## Assigned task:
Reproduce the records below exactly as shown.

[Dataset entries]
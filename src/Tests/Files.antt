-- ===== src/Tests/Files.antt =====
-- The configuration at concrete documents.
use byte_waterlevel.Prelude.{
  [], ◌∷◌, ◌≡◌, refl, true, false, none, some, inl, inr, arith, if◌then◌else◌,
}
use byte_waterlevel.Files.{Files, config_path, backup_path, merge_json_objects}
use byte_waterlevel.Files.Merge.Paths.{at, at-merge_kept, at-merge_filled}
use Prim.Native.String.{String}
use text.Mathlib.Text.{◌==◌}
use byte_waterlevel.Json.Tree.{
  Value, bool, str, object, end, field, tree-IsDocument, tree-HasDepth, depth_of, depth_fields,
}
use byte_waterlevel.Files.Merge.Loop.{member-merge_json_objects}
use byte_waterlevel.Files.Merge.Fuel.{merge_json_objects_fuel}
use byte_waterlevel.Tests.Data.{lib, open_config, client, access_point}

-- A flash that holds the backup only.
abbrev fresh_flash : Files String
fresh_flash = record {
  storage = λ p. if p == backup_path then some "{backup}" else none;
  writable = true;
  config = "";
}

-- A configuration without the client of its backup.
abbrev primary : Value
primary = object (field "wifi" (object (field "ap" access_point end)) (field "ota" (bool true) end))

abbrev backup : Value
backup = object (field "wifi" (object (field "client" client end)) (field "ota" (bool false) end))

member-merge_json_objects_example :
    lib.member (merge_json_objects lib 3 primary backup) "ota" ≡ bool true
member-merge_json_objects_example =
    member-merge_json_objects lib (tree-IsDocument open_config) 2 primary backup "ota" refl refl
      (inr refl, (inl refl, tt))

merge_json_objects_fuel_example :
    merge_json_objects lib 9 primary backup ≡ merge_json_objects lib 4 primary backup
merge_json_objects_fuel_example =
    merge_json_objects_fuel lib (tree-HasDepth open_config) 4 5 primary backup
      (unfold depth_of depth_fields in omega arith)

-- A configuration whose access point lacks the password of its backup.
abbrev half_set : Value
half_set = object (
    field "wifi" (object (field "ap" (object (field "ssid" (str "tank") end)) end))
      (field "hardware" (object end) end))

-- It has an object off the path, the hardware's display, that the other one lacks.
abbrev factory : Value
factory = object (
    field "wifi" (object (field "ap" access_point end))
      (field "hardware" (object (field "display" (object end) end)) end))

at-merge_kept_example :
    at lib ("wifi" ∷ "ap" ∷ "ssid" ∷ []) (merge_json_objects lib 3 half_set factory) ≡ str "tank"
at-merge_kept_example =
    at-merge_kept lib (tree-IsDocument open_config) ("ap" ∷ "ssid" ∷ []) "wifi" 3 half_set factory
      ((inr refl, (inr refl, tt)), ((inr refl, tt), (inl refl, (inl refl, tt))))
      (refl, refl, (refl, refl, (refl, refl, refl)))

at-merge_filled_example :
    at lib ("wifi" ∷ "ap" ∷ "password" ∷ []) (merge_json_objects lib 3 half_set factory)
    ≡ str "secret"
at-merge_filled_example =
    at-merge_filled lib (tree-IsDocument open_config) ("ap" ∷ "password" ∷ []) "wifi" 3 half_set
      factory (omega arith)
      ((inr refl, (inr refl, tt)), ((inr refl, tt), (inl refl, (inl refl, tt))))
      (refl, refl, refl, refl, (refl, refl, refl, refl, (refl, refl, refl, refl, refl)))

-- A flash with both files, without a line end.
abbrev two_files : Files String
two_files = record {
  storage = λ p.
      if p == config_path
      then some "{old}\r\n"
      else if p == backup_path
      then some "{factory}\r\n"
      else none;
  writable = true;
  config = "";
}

## Answer area:
filename src/Tests/Files.antt
-- ===== src/Tests/Files.antt =====
-- The configuration at concrete documents.
use byte_waterlevel.Prelude.{
  [], ◌∷◌, ◌≡◌, refl, true, false, none, some, inl, inr, arith, if◌then◌else◌,
}
use byte_waterlevel.Files.{Files, config_path, backup_path, merge_json_objects}
use byte_waterlevel.Files.Merge.Paths.{at, at-merge_kept, at-merge_filled}
use Prim.Native.String.{String}
use text.Mathlib.Text.{◌==◌}
use byte_waterlevel.Json.Tree.{
  Value, bool, str, object, end, field, tree-IsDocument, tree-HasDepth, depth_of, depth_fields,
}
use byte_waterlevel.Files.Merge.Loop.{member-merge_json_objects}
use byte_waterlevel.Files.Merge.Fuel.{merge_json_objects_fuel}
use byte_waterlevel.Tests.Data.{lib, open_config, client, access_point}

-- A flash that holds the backup only.
abbrev fresh_flash : Files String
fresh_flash = record {
  storage = λ p. if p == backup_path then some "{backup}" else none;
  writable = true;
  config = "";
}

-- A configuration without the client of its backup.
abbrev primary : Value
primary = object (field "wifi" (object (field "ap" access_point end)) (field "ota" (bool true) end))

abbrev backup : Value
backup = object (field "wifi" (object (field "client" client end)) (field "ota" (bool false) end))

member-merge_json_objects_example :
    lib.member (merge_json_objects lib 3 primary backup) "ota" ≡ bool true
member-merge_json_objects_example =
    member-merge_json_objects lib (tree-IsDocument open_config) 2 primary backup "ota" refl refl
      (inr refl, (inl refl, tt))

merge_json_objects_fuel_example :
    merge_json_objects lib 9 primary backup ≡ merge_json_objects lib 4 primary backup
merge_json_objects_fuel_example =
    merge_json_objects_fuel lib (tree-HasDepth open_config) 4 5 primary backup
      (unfold depth_of depth_fields in omega arith)

-- A configuration whose access point lacks the password of its backup.
abbrev half_set : Value
half_set = object (
    field "wifi" (object (field "ap" (object (field "ssid" (str "tank") end)) end))
      (field "hardware" (object end) end))

-- It has an object off the path, the hardware's display, that the other one lacks.
abbrev factory : Value
factory = object (
    field "wifi" (object (field "ap" access_point end))
      (field "hardware" (object (field "display" (object end) end)) end))

at-merge_kept_example :
    at lib ("wifi" ∷ "ap" ∷ "ssid" ∷ []) (merge_json_objects lib 3 half_set factory) ≡ str "tank"
at-merge_kept_example =
    at-merge_kept lib (tree-IsDocument open_config) ("ap" ∷ "ssid" ∷ []) "wifi" 3 half_set factory
      ((inr refl, (inr refl, tt)), ((inr refl, tt), (inl refl, (inl refl, tt))))
      (refl, refl, (refl, refl, (refl, refl, refl)))

at-merge_filled_example :
    at lib ("wifi" ∷ "ap" ∷ "password" ∷ []) (merge_json_objects lib 3 half_set factory)
    ≡ str "secret"
at-merge_filled_example =
    at-merge_filled lib (tree-IsDocument open_config) ("ap" ∷ "password" ∷ []) "wifi" 3 half_set
      factory (omega arith)
      ((inr refl, (inr refl, tt)), ((inr refl, tt), (inl refl, (inl refl, tt))))
      (refl, refl, refl, refl, (refl, refl, refl, refl, (refl, refl, refl, refl, refl)))

-- A flash with both files, without a line end.
abbrev two_files : Files String
two_files = record {
  storage = λ p.
      if p == config_path
      then some "{old}\r\n"
      else if p == backup_path
      then some "{factory}\r\n"
      else none;
  writable = true;
  config = "";
}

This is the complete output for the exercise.